The availability was spectacular. I realized the turnout was subdued etc. right away. Hopefully the "every other year thing" works out. I had anticipated a great deal of other hobbies would be represented, i.e. orchids, planted tanks, even reptiles. After all, the concept was "Life Under Glass". Perhaps a bit more solicitation of the those communities is in order? I had a lot of fun nonetheless, and did spend a great deal of money JVK


----------



## skylsdale (Sep 16, 2007)

It's good to hear folks liked the show: we received a lot of positive feedback about what was there, who was represented, etc...but realize that yes, money-wise it could definitely do better.

While planning the event and trying to get other hobbies/interests involved, we heard from numerous parties that this was an event that had simply not been done or attempted before. Many folks were interested, but also hesitant to get involved because it was, in fact, the very first time to try such an event. Were we to do another one, I think they would be more likely to sign on (and, hindsight being 20/20, we're now aware of a few key marketing details that we weren't aware of the first time around which would DEFINITELY boost foot traffic).

One of the greatest difficulties was actually trying to connect and work with other hobbies--each hobby has its own community and relationships and culture, and a "frog group" inviting them to participate in an event often appears as a random cold call, so to speak. They have their annual and regional events as well, and so a new event with a hobby and group they are unfamiliar with can be a difficult sell. In the future (again, if we do it again) we would like to have folks on the planning committee who are more plugged in and involved with some of these other hobbies and interests who can help bring some of those hobbyists and groups/societies in.

Also, we aren't just looking for ANY "glass box" hobbies. One of the themes of Microcosm was appreciation for natural history and the organisms we keep in this glass microcosms...so there are some aspects of some hobbies that just don't mesh well. Many who would fit well with such a show are more the niche hobbies within hobbies (killifish hobbyists, species orchid hobbyists, obscure gecko and anole hobbyists, Nepenthes growers, etc.). And again, these communities are relatively small compared to the herp and/or orchid hobbies in general, and it would help to have previous relationships and ties with some of those communities.

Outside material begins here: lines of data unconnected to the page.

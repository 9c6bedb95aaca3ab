-- ===== src/Registry/Balance.antt =====
-- Drivers are spread evenly over the runtimes, and a driver keeps its runtime.
use alpagym.Base.{
  ℕ, zero, suc, ◌≤◌, ◌≡◌, refl, sym, ap, inl, inr, String, true, false, Option, none, some, List,
  [], ◌∷◌, if◌then◌else◌, All, arith, subst, Bool-cases, get_elem?,
}
use alpagym.Base.Texts.{same_text}
use text.Mathlib.TextEquality.{eq_iff}
use alpagym.Registry.{
  TopologyEndpoint, Assignment, Registry, by_id, assigned_to, count_of, key_before, least, assign,
  known, acquire_by, acquire_alpasim_runtime, acquired, acquire_all,
}

-- The runtimes that serve the fewest drivers and the most differ by one driver at most.
unfoldable pub Balanced : List Assignment → List TopologyEndpoint → Type 0
Balanced log es = All (λ e. All (λ f. count_of e.id log ≤ suc (count_of f.id log)) es) es

module _ {A : Type 0} where
  All-get :
      (P : A → Type 0) (xs : List A) (i : ℕ) (x : A) → All P xs → get_elem? xs i ≡ some x → P x
  All-get P [] i x a h = absurd (cc h)
  All-get P (y ∷ xs) zero x a h = let same : y ≡ x = cc h in subst P same a.0
  All-get P (y ∷ xs) (suc i) x a h = All-get P xs i x a.1 h

  get-All :
      (P : A → Type 0) (xs : List A) → ((i : ℕ) (x : A) → get_elem? xs i ≡ some x → P x) → All P xs
  get-All P [] h = tt
  get-All P (y ∷ xs) h = (h 0 y refl, get-All P xs (λ i. h (suc i)))

abbrev Least : List Assignment → TopologyEndpoint → List TopologyEndpoint → Type 0
Least log e es = All (λ f. count_of e.id log ≤ count_of f.id log) es

key_before-le :
    (log : List Assignment) (e f : TopologyEndpoint)
    → key_before log e f ≡ true
    → count_of e.id log ≤ count_of f.id log
unfolding key_before
key_before-le log e f h = ground arith

key_before-false :
    (log : List Assignment) (e f : TopologyEndpoint)
    → key_before log e f ≡ false
    → count_of f.id log ≤ count_of e.id log
unfolding key_before
key_before-false log e f h = ground arith

least-takes :
    (log : List Assignment) (e f : TopologyEndpoint) (fs : List TopologyEndpoint)
    → key_before log f e ≡ true
    → least log e (f ∷ fs) ≡ least log f fs
unfolding least
least-takes log e f fs t = ap (λ b. least log (if b then f else e) fs) t

least-keeps :
    (log : List Assignment) (e f : TopologyEndpoint) (fs : List TopologyEndpoint)
    → key_before log f e ≡ false
    → least log e (f ∷ fs) ≡ least log e fs
unfolding least
least-keeps log e f fs t = ap (λ b. least log (if b then f else e) fs) t

least-le :
    (log : List Assignment) (e : TopologyEndpoint) (es : List TopologyEndpoint)
    → count_of (least log e es).id log ≤ count_of e.id log
unfolding least
least-le log e [] = omega arith
least-le log e (f ∷ fs) = elim (Bool-cases (key_before log f e)) [
  | inl t ↦
      subst (λ m. count_of m.id log ≤ count_of e.id log) (sym (least-takes log e f fs t))
        (omega (arith, least-le log f fs, key_before-le log f e t))
  | inr t ↦
      subst (λ m. count_of m.id log ≤ count_of e.id log) (sym (least-keeps log e f fs t))
        (least-le log e fs)
]

least-Least :
    (log : List Assignment) (e : TopologyEndpoint) (es : List TopologyEndpoint)
    → Least log (least log e es) (e ∷ es)
unfolding least
least-Least log e [] = (omega arith, tt)
least-Least log e (f ∷ fs) = elim (Bool-cases (key_before log f e)) [
  | inl t ↦
      subst (λ m. Least log m (e ∷ f ∷ fs)) (sym (least-takes log e f fs t))
        (omega (arith, least-le log f fs, key_before-le log f e t), least-Least log f fs)
  | inr t ↦
      subst (λ m. Least log m (e ∷ f ∷ fs)) (sym (least-keeps log e f fs t))
        (
          least-le log e fs,
          (omega (arith, least-le log e fs, key_before-false log f e t), (least-Least log e fs).1),
        )
]

-- One more driver on the least used runtime.
step-Balanced :
    (log : List Assignment) (d : String) (m : TopologyEndpoint) (es : List TopologyEndpoint)
    → Least log m es
    → Balanced log es
    → Balanced (record { driver_id = d; alpasim_runtime_id = m.id } ∷ log) es
unfolding Balanced count_of
step-Balanced log d m es l b = get-All _ es (λ i e at_e. get-All _ es (λ j f at_f.
    pair e f (All-get _ es i e l at_e) (All-get _ es j f l at_f)
      (All-get _ es j f (All-get _ es i e b at_e) at_f)))
  where
    pair :
        (e f : TopologyEndpoint)
        → count_of m.id log ≤ count_of e.id log
        → count_of m.id log ≤ count_of f.id log
        → count_of e.id log ≤ suc (count_of f.id log)
        → (if same_text m.id e.id then suc (count_of e.id log) else count_of e.id log)
          ≤ suc (if same_text m.id f.id then suc (count_of f.id log) else count_of f.id log)
    pair e f le lf lef = elim (Bool-cases (same_text m.id e.id)) [
      | inl t ↦
          let c = ap (λ x. count_of x log) ((eq_iff m.id e.id).0 t) in
          ground (arith, t, c, le, lf, lef)
      | inr t ↦ ground (arith, t, le, lf, lef)
    ]

acquired-known : (o : Option TopologyEndpoint) (s : Registry) → acquired (known o s) s ≡ s
unfolding acquired known
acquired-known none s = refl
acquired-known (some e) s = refl

acquire_by-Balanced :
    (d : String) (found : Option String) (es : List TopologyEndpoint) (s : Registry)
    → Balanced s.assignments es
    → Balanced (acquired (acquire_by d found es s) s).assignments es
unfolding acquired acquire_by assign
acquire_by-Balanced d found [] s b = b
acquire_by-Balanced d (some i) (e ∷ es) s b =
    subst (λ t. Balanced t.assignments (e ∷ es)) (sym (acquired-known (by_id i (e ∷ es)) s)) b
acquire_by-Balanced d none (e ∷ es) s b =
    step-Balanced s.assignments d (least s.assignments e es) (e ∷ es)
      (least-Least s.assignments e es) b

runtimes_kept :
    (d : String) (found : Option String) (es : List TopologyEndpoint) (s : Registry)
    → (acquired (acquire_by d found es s) s).alpasim_runtimes ≡ s.alpasim_runtimes
unfolding acquired acquire_by assign known
runtimes_kept d found [] s = refl
runtimes_kept d (some i) (e ∷ es) s =
    ap (λ t. t.alpasim_runtimes) (acquired-known (by_id i (e ∷ es)) s)
runtimes_kept d none (e ∷ es) s = refl

-- If the runtimes are balanced, they still are after any drivers, old and new, have each acquired one.
pub acquire_all-Balanced :
    (ds : List String) (s : Registry)
    → Balanced s.assignments s.alpasim_runtimes
    → Balanced (acquire_all ds s).assignments (acquire_all ds s).alpasim_runtimes
unfolding acquire_all acquire_alpasim_runtime
acquire_all-Balanced [] s b = b
acquire_all-Balanced (d ∷ ds) s b =
    let t = acquired (acquire_alpasim_runtime d s) s in
    acquire_all-Balanced ds t (
      subst (λ es. Balanced t.assignments es)
        (sym (runtimes_kept d (assigned_to d s.assignments) s.alpasim_runtimes s))
        (acquire_by-Balanced d (assigned_to d s.assignments) s.alpasim_runtimes s b))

We also need to keep in mind that another major theme for the event was conservation and responsible captive husbandry...and this was a theme that a lot of the participants (especially from outside the PDF hobby) said they had never seen have such a strong presence at a show. So although it consists of hobbyists, folks putting the event together would need to realize it's not just about "what can I get" but also how we can increase our awareness of the greater macrocosm that we use as inspiration in creating our microcosms. So we would need planners who understand the importance of the presence and weaving together of all these themes in order to create such a unique event.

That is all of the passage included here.